Urteil des Landesgerichts

Fehlende Kita-Plätze: Leipzig soll Schadenersatz zahlen

Leipzig - Die Stadt Leipzig muss Eltern Schadenersatz zahlen, nachdem sie für ihre Kleinkinder keinen Kita-Platz fanden. Das Urteil könnte bundesweit Signalwirkung haben.

Ein schleppender Kita-Ausbau kann Kommunen teuer zu stehen kommen: Das Landgericht Leipzig verurteilte am Montag die Stadt Leipzig zur Zahlung von Schadenersatz an drei Familien, die für ihre Kleinkinder nicht rechtzeitig einen Kita-Platz fanden. Die Mütter blieben deswegen länger als geplant zu Hause und klagten den Verdienstausfall ein. Die Kommune soll nun mehr als 15 000 Euro plus Zinsen zahlen. Das Urteil ist noch nicht rechtskräftig, die Stadt könnte Berufung einlegen. (Az.: 7 O 1455/14, 7 O 1928/14, 7 O 2439/14)
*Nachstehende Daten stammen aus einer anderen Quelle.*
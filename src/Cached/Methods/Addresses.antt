-- ===== src/Cached/Methods/Addresses.antt =====
-- The methods of app/db/cached/accessor.go on addresses.
use idena_indexer_api.Prelude.{ℕ, Option, [], ◌∷◌}
use idena_indexer_api.Prelude.Text.{Text, codes}
use idena_indexer_api.Cached.Key.{number, text}
use idena_indexer_api.Cached.Entry.{Entry, entry, pointer_to}

pub data AddressCall : Type 0 where
  address : Text → AddressCall
  address_penalties_count : Text → AddressCall
  address_penalties : Text → ℕ → Option (ℕ × Text) → AddressCall
  address_states_count : Text → AddressCall
  address_states : Text → ℕ → Option (ℕ × Text) → AddressCall
  address_total_latest_mining_reward : Text → Text → AddressCall
  address_total_latest_burnt_coins : Text → Text → AddressCall
  address_bad_authors_count : Text → AddressCall
  address_bad_authors : Text → ℕ → Option (ℕ × Text) → AddressCall
  address_balance_updates_count : Text → AddressCall
  address_balance_updates : Text → ℕ → Option (ℕ × Text) → AddressCall
  address_balance_updates_summary : Text → AddressCall
  address_delegatee_total_rewards : Text → ℕ → Option (ℕ × Text) → AddressCall
  address_mining_reward_summaries : Text → ℕ → Option (ℕ × Text) → AddressCall
  address_tokens : Text → ℕ → Option (ℕ × Text) → AddressCall
  address_token : Text → Text → AddressCall
  address_delegations : Text → ℕ → Option (ℕ × Text) → AddressCall

unfoldable pub address_entry : AddressCall → Entry
address_entry (address address_arg) =
    entry (codes "Address") (text address_arg ∷ []) (codes "Address") (text address_arg ∷ [])
address_entry (address_penalties_count address_arg) =
    entry (codes "AddressPenaltiesCount") (text address_arg ∷ []) (codes "AddressPenaltiesCount")
      (text address_arg ∷ [])
address_entry (address_penalties address_arg count continuation_token) =
    entry (codes "AddressPenalties")
      (text address_arg ∷ number count ∷ pointer_to continuation_token ∷ [])
      (codes "AddressPenalties")
      (text address_arg ∷ number count ∷ pointer_to continuation_token ∷ [])
address_entry (address_states_count address_arg) =
    entry (codes "AddressStatesCount") (text address_arg ∷ []) (codes "AddressStatesCount")
      (text address_arg ∷ [])
address_entry (address_states address_arg count continuation_token) =
    entry (codes "AddressStates")
      (text address_arg ∷ number count ∷ pointer_to continuation_token ∷ []) (codes "AddressStates")
      (text address_arg ∷ number count ∷ pointer_to continuation_token ∷ [])
address_entry (address_total_latest_mining_reward after_time address_arg) =
    entry (codes "AddressTotalLatestMiningReward") (text after_time ∷ text address_arg ∷ [])
      (codes "AddressTotalLatestMiningReward") (text after_time ∷ text address_arg ∷ [])
address_entry (address_total_latest_burnt_coins after_time address_arg) =
    entry (codes "AddressTotalLatestBurntCoins") (text after_time ∷ text address_arg ∷ [])
      (codes "AddressTotalLatestBurntCoins") (text after_time ∷ text address_arg ∷ [])
address_entry (address_bad_authors_count address_arg) =
    entry (codes "AddressBadAuthorsCount") (text address_arg ∷ []) (codes "AddressBadAuthorsCount")
      (text address_arg ∷ [])
address_entry (address_bad_authors address_arg count continuation_token) =
    entry (codes "AddressBadAuthors")
      (text address_arg ∷ number count ∷ pointer_to continuation_token ∷ [])
      (codes "AddressBadAuthors")
      (text address_arg ∷ number count ∷ pointer_to continuation_token ∷ [])
address_entry (address_balance_updates_count address_arg) =
    entry (codes "AddressBalanceUpdatesCount") (text address_arg ∷ [])
      (codes "AddressBalanceUpdatesCount") (text address_arg ∷ [])
address_entry (address_balance_updates address_arg count continuation_token) =
    entry (codes "AddressBalanceUpdates")
      (text address_arg ∷ number count ∷ pointer_to continuation_token ∷ [])
      (codes "AddressBalanceUpdates")
      (text address_arg ∷ number count ∷ pointer_to continuation_token ∷ [])
address_entry (address_balance_updates_summary address_arg) =
    entry (codes "AddressBalanceUpdatesSummary") (text address_arg ∷ [])
      (codes "AddressBalanceUpdatesSummary") (text address_arg ∷ [])
address_entry (address_delegatee_total_rewards address_arg count continuation_token) =
    entry (codes "AddressDelegateeTotalRewards")
      (text address_arg ∷ number count ∷ pointer_to continuation_token ∷ [])
      (codes "AddressDelegateeTotalRewards")
      (text address_arg ∷ number count ∷ pointer_to continuation_token ∷ [])
address_entry (address_mining_reward_summaries address_arg count continuation_token) =
    entry (codes "AddressMiningRewardSummaries")
      (text address_arg ∷ number count ∷ pointer_to continuation_token ∷ [])
      (codes "AddressMiningRewardSummaries")
      (text address_arg ∷ number count ∷ pointer_to continuation_token ∷ [])
address_entry (address_tokens address_arg count continuation_token) =
    entry (codes "AddressTokens")
      (text address_arg ∷ number count ∷ pointer_to continuation_token ∷ []) (codes "AddressTokens")
      (text address_arg ∷ number count ∷ pointer_to continuation_token ∷ [])
address_entry (address_token address_arg token_address) =
    entry (codes "AddressToken") (text address_arg ∷ text token_address ∷ []) (codes "AddressToken")
      (text address_arg ∷ text token_address ∷ [])
address_entry (address_delegations address_arg count continuation_token) =
    entry (codes "AddressDelegations")
      (text address_arg ∷ number count ∷ pointer_to continuation_token ∷ [])
      (codes "AddressDelegations")
      (text address_arg ∷ number count ∷ pointer_to continuation_token ∷ [])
Der Sprecherin des Deutschen Städte- und Gemeindebundes ist kein vergleichbarer Fall bekannt, in dem eine Kommune zur Zahlung von Schadenersatz verurteilt wurde. Es habe einzelne Fälle gegeben, in denen sich Eltern und die Kommune außergerichtlich „gütlich im Sinne der Kinder“ geeinigt hätten, sagte Sprecherin Ursula Krickel.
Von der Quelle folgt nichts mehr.